A vast amount of simulations can be completed using static analysis, even if there are some brief time or frequency influences at the time of load application.

Many engineers will opt for a static solution as it is fast, and the cost involved regarding time and software is much higher for dynamic analysis.

However, if your application involves a time or frequency component, such as an impact test, a dynamic analysis should be used.

It is possible to use what is called the “Static Assumption” which assumes that all loads are gradually applied until they reach a full magnitude.

Using a static load equivalent, it is possible to complete a static analysis (where a dynamic is needed) and increase your load by an additional factor to take into account the dynamic loading.

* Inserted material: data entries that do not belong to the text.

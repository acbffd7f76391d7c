-- ===== src/Door/Lock.antt =====
-- Unlocking, locking and the airlock: `door_signal`, `signalDoorStatus`, `airLockOnPartner`,
-- `unlock_door` and `lock_door` of door_controller/door_controller.c.
use osdp_roger_acs.Base.{ℕ, ◌&&◌, ◌||◌, Option, none, some, ◌==◌, truth, if◌then◌else◌}
use osdp_roger_acs.Base.{bit_and, u32, not32, all_ones, ◌<<<◌}
use osdp_roger_acs.Reader.{Signal, door_open, blocked, unblocked}
use osdp_roger_acs.Reader
use osdp_roger_acs.Door.{Door, DoorOperation, do_unlock, do_lock, Effect, door_state, event}
use osdp_roger_acs.Door.{signal, World, emit, put_door, door_unlock}
use osdp_roger_acs.Door

abbrev pub door_open_time : ℕ
door_open_time = 13

-- `DI_IS_DOOR_CLOSE` of gpios/gpio.h.
abbrev pub di_is_door_close : ℕ
di_is_door_close = 0x04

signal_to : Option ℕ → Signal → World → World
signal_to none s w = w
signal_to (some r) s w = emit (signal s r) w

unfoldable pub door_signal : ℕ → Signal → World → World
unfolding signal_to
door_signal i s w =
    let w' = signal_to (w.doors i).reader_a.reader s w in
    signal_to (w'.doors i).reader_b.reader s w'

unfoldable pub signal_door_status : ℕ → World → World
signal_door_status i w =
    let d = w.doors i in
    if truth d.adm_disable_mask || truth d.air_lock_mask
    then door_signal i blocked w
    else door_signal i unblocked w

-- The mask that the partner's `airLockMask` gets; `none` leaves it.
unfoldable pub partner_mask : Door → Door → ℕ → Option ℕ
partner_mask d partner mask =
    if mask == 0
    then (if d.door_lock_timer == 0 && bit_and d.last_input di_is_door_close == di_is_door_close
        then some 0
        else none)
    else some (bit_and partner.mask_full mask)

unfoldable pub set_air_lock : ℕ → Option ℕ → World → World
set_air_lock p none w = w
set_air_lock p (some m) w = put_door p (record (w.doors p) { air_lock_mask = m }) w

unfoldable pub air_lock_on_partner : ℕ → ℕ → World → World
unfolding partner_mask set_air_lock
air_lock_on_partner i mask w = elim ((w.doors i).air_lock_partner_local) [
  | none ↦ w
  | some p ↦ signal_door_status i (set_air_lock p (partner_mask (w.doors i) (w.doors p) mask) w)
]

-- The outputs that `unlock_door` may drive out of the subdoors `mask`. A shift by 32 or more, which C
-- leaves undefined, gives none, here and in `lock_mask`.
unfoldable pub unlock_mask : Door → ℕ → ℕ
unlock_mask d mask = u32 (
    bit_and (bit_and (bit_and mask d.mask_full) (not32 d.air_lock_mask)) (not32 d.adm_disable_mask)
    <<< d.mask_offset)

unfoldable pub lock_mask : Door → ℕ → ℕ
lock_mask d mask =
    u32 (bit_and (bit_and mask d.mask_full) (not32 d.adm_disable_mask) <<< d.mask_offset)

unfoldable pub start_lock_timer : ℕ → World → World
start_lock_timer i w = put_door i (record (w.doors i) { door_lock_timer = door_open_time }) w

unfoldable pub unlock_door : ℕ → ℕ → World → ℕ × World
unfolding start_lock_timer
unlock_door i mask w =
    let d = w.doors i in
    let m = unlock_mask d mask in
    let w₁ = emit (door_state do_unlock m) (air_lock_on_partner i all_ones w) in
    let w₂ = emit (event (door_unlock d.door_name m)) w₁ in
    let w₃ = door_signal i door_open (start_lock_timer i w₂) in if m == 0 then (m, w) else (m, w₃)

unfoldable pub lock_door : ℕ → ℕ → World → ℕ × World
lock_door i mask w =
    let d = w.doors i in
    let m = lock_mask d mask in
    let w₁ = air_lock_on_partner i 0 (emit (door_state do_lock m) w) in
    let w₂ = emit (event (Door.Event.door_lock d.door_name m)) w₁ in
    if m == 0 then (m, w) else (m, door_signal i Reader.Signal.door_lock w₂)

However, if you use a static analysis where a dynamic is appropriate, even if the initial loads to the system are vibratory or short, you must always check against a dynamic solution.

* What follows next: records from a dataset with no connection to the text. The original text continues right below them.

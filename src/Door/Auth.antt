-- ===== src/Door/Auth.antt =====
-- Authorisation at a reader: `resetDoorAuth`, the three error signals, `two_factor_timer` and
-- `process_user_info` of door_controller/door_controller.c, over the interface of the user
-- database (door_controller/user_db.h).
use osdp_roger_acs.Base.{ℕ, ◌-◌, Bool, false, not, ◌&&◌, ◌||◌}
use osdp_roger_acs.Base.{List, [], ◌∷◌, ◌++◌, map}
use osdp_roger_acs.Base.{Option, none, some, ◌==◌, ltb, truth, if◌then◌else◌, memcpy, set}
use osdp_roger_acs.Reader.{Signal, err_auth, err_usage, err_comm, pin_entry, pin_quiet}
use osdp_roger_acs.Reader.{
  DataType, is_pin, is_card, DataMode, complete, out_of_buf, timeout, UserInfo,
}
use osdp_roger_acs.Door.{Text, DoorReader, Event, Effect, signal, clear, null_reader, event}
use osdp_roger_acs.Door.{World, emit, Side, side_a, side_b, door_reader, put_reader}
use osdp_roger_acs.Door.{max_card_len, max_pin_len}
use osdp_roger_acs.Door.Lock.{unlock_door}

abbrev pub mode_card : ℕ
mode_card = 0x01

abbrev pub mode_pin : ℕ
mode_pin = 0x02

abbrev pub mode_card_or_pin : ℕ
mode_card_or_pin = 0x10

abbrev pub mode_card_and_pin : ℕ
mode_card_and_pin = 0x20

abbrev pub mode_card_and_pin_always : ℕ
mode_card_and_pin_always = 0x30

abbrev pub mode_two_cards : ℕ
mode_two_cards = 0x40

abbrev pub two_factor_time : ℕ
two_factor_time = 23

-- What a query of the user database gives: the mask of the subdoors it grants, and the events that
-- it sent, newest first.
pub record Verdict : Type 0 where
  pub mask : ℕ
  pub sent : List Event

-- `getAccessMask` takes the reader's credentials, a mode and the name of the door, and
-- `checkKeyAccess` the reader's two cards.
pub record UserDb : Type 0 where
  pub get_access_mask : DoorReader → ℕ → Text → Verdict
  pub check_key_access : DoorReader → Verdict

abbrev pub reset_auth : DoorReader → DoorReader
reset_auth r = record r { card_len = 0; pin_len = 0; two_factor_timer = 0 }

unfoldable pub reset_door_auth : ℕ → Side → World → World
reset_door_auth i side w = put_reader i side (reset_auth (door_reader side (w.doors i))) w

abbrev pub signal_reader : Signal → Option ℕ → World → World
signal_reader s none w = emit null_reader w
signal_reader s (some r) w = emit (signal s r) w

-- Their texts go to the system log only.
abbrev pub invalid_usage : Option ℕ → World → World
invalid_usage r w = signal_reader err_usage r w

abbrev pub auth_error : Option ℕ → World → World
auth_error r w = signal_reader err_auth r w

abbrev pub invalid_data : Option ℕ → World → World
invalid_data r w = signal_reader err_comm r w

abbrev pub clear_reader_data : Option ℕ → World → World
clear_reader_data none w = emit null_reader w
clear_reader_data (some r) w = emit (clear r) w

abbrev pub set_two_factor_timer : ℕ → ℕ → Side → World → World
set_two_factor_timer n i side w =
    put_reader i side (record (door_reader side (w.doors i)) { two_factor_timer = n }) w

unfoldable pub two_factor_tick : ℕ → Side → World → World
unfolding reset_door_auth
two_factor_tick i side w =
    let r = door_reader side (w.doors i) in
    let n = r.two_factor_timer - 1 in
    let w' = set_two_factor_timer n i side w in
    if ltb 0 r.two_factor_timer
    then (if n == 0
        then invalid_usage r.reader (clear_reader_data r.reader (reset_door_auth i side w'))
        else signal_reader pin_quiet r.reader w')
    else w

-- What storing an input gives: the call ended with an error, or it goes on to the check.
pub data Stored : Type 0 where
  refused_data refused_usage : Stored
  stored : DoorReader → Stored

abbrev store_pin : DoorReader → UserInfo → Stored
store_pin r u =
    let pin' = set (memcpy r.pin u.bytes u.len) u.len 0 in
    if ltb max_pin_len u.len
    then refused_data
    else if truth r.pin_len
    then refused_usage
    else stored (record r { pin = pin'; pin_len = u.len })

abbrev store_card : DoorReader → UserInfo → Stored
store_card r u =
    let second = record r { card2 = memcpy r.card2 u.bytes u.len; card2_len = u.len } in
    let first = record r { card = memcpy r.card u.bytes u.len; card_len = u.len } in
    if ltb max_card_len u.len
    then refused_data
    else if truth r.card_len
    then (if not (r.access_mode == mode_two_cards) || truth r.card2_len
        then refused_usage
        else stored second)
    else stored first

abbrev store_typed : DataType → DoorReader → UserInfo → Stored
store_typed is_pin r u = store_pin r u
store_typed is_card r u = store_card r u

-- The first part of `process_user_info`: the tests on the input, and the two `memcpy`s.
abbrev store_mode : DataMode → DoorReader → UserInfo → Stored
store_mode complete r u = store_typed u.type r u
store_mode out_of_buf r u = refused_data
store_mode timeout r u = refused_usage

unfoldable pub store_input : DoorReader → UserInfo → Stored
store_input r u = store_mode u.mode r u

-- What the `switch` on the mode leaves: `auth_mask`, the reader, and what it sent.
pub record Checked : Type 0 where
  pub auth_mask : ℕ
  pub credentials : DoorReader
  pub sent : List Effect

module _ (db : UserDb) (name : Text) where
  open db use {get_access_mask, check_key_access}

  abbrev no_access : DoorReader → Checked
  no_access r = record { auth_mask = 0; credentials = r; sent = [] }

  abbrev ask : ℕ → DoorReader → Checked
  ask mode r =
      let v = get_access_mask r mode name in
      record { auth_mask = v.mask; credentials = r; sent = map event v.sent }

  -- The two-factor timer is started unless it runs.
  abbrev await_second : List Effect → ℕ → DoorReader → Checked
  await_second before handle r =
      if r.two_factor_timer == 0
      then record {
        auth_mask = 0;
        credentials = record r { two_factor_timer = two_factor_time };
        sent = signal pin_entry handle ∷ before;
      }
      else record { auth_mask = 0; credentials = r; sent = before }

  abbrev check_two_factor : ℕ → DoorReader → Checked
  check_two_factor handle r =
      let both = get_access_mask r mode_card_and_pin_always name in
      let one = get_access_mask r mode_card_and_pin name in
      let done = record r { two_factor_timer = 0 } in
      if truth r.card_len && truth r.pin_len
      then record { auth_mask = both.mask; credentials = done; sent = map event both.sent }
      else if truth r.card_len && r.access_mode == mode_card_and_pin
      then (if truth one.mask
          then record { auth_mask = one.mask; credentials = done; sent = map event one.sent }
          else await_second (map event one.sent) handle r)
      else await_second [] handle r

  abbrev check_two_cards : ℕ → DoorReader → Checked
  check_two_cards handle r =
      let v = check_key_access r in
      if truth r.card_len && truth r.card2_len
      then record {
        auth_mask = v.mask;
        credentials = record r { two_factor_timer = 0; card2_len = 0 };
        sent = map event v.sent;
      }
      else await_second [] handle r

  -- The `switch (doorReader->accessMode)`.
  unfoldable pub check_access : ℕ → DoorReader → Checked
  check_access handle r =
      if r.access_mode == mode_card_or_pin
      then (if truth r.card_len
          then ask mode_card r
          else if truth r.pin_len
          then ask mode_pin r
          else no_access r)
      else if r.access_mode == mode_card
      then (if truth r.card_len then ask mode_card r else no_access r)
      else if r.access_mode == mode_pin
      then (if truth r.pin_len then ask mode_pin r else no_access r)
      else if r.access_mode == mode_card_and_pin || r.access_mode == mode_card_and_pin_always
      then check_two_factor handle r
      else if r.access_mode == mode_two_cards
      then check_two_cards handle r
      else no_access r

-- The last part of `process_user_info`: unlock and forget the credentials, or signal an error
-- and forget them, or wait for the second factor.
unfoldable pub conclude : ℕ → Side → ℕ → Checked → World → World
unfolding reset_door_auth
conclude i side handle c w =
    let w' = put_reader i side c.credentials (record w { log = c.sent ++ w.log }) in
    let opened = reset_door_auth i side (unlock_door i c.auth_mask w').1 in
    let failed = reset_door_auth i side (auth_error (some handle) w') in
    if truth c.auth_mask then opened else if c.credentials.two_factor_timer == 0 then failed else w'

unfoldable pub continue_with : UserDb → ℕ → Side → ℕ → Stored → World → World
unfolding conclude check_access
continue_with db i side handle refused_data w =
    invalid_data (some handle) (reset_door_auth i side w)
continue_with db i side handle refused_usage w =
    invalid_usage (some handle) (reset_door_auth i side w)
continue_with db i side handle (stored r) w =
    conclude i side handle (check_access db (w.doors i).door_name handle r) w

-- `process_user_info` once it is known which of the door's readers called.
unfoldable pub process_side : UserDb → ℕ → Side → ℕ → UserInfo → World → World
unfolding continue_with store_input
process_side db i side handle u w =
    continue_with db i side handle (store_input (door_reader side (w.doors i)) u) w

abbrev pub is_reader : Option ℕ → ℕ → Bool
is_reader none handle = false
is_reader (some r) handle = r == handle

-- `process_user_info(data, dataLen, dataType, dataMode, reader, readerUserData, userData)`, where
-- `handle` is the reader, `i` the door in `readerUserData` and `db` the database in `userData`.
unfoldable pub process_user_info : UserDb → ℕ → UserInfo → ℕ → World → World
process_user_info db handle u i w =
    if is_reader (w.doors i).reader_a.reader handle
    then process_side db i side_a handle u w
    else if is_reader (w.doors i).reader_b.reader handle
    then process_side db i side_b handle u w
    else invalid_data (some handle) w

A static run might be great to debug, check your mesh and model setup, but a dynamic problem should always be solved with a dynamic analysis.

Static Analysis Summary

  • Used to calculate stress, strain, and deformation under constant loads
  • Generally faster and simpler than dynamic analysis
  • May not be as accurate for problems involving time or frequency

Dynamic Analysis:

  • Used to calculate stress, strain, and deformation under time-varying loads
  • More accurate than static analysis for problems involving time or frequency
  • May be more complicated and take longer to run

Final Thoughts

Static and dynamic analysis are two important methods of finite element analysis.

Static analysis is used to calculate the stress, strain, and deformation of a component or assembly under constant loads, while dynamic analysis calculates the stress, strain, and deformation of a component or assembly under time-varying loads.

In most cases, static analysis can be used to solve a problem, but if time or frequency are factors in the load application, a dynamic analysis must be used.

Both static and dynamic analysis have their own strengths and weaknesses, so choosing the right type of analysis depends on the specific problem that needs to be solved.

In general, static analysis is faster and simpler than dynamic analysis, but dynamic analysis is more accurate for problems that involve time or frequency and should always be used for this time of engineering problem.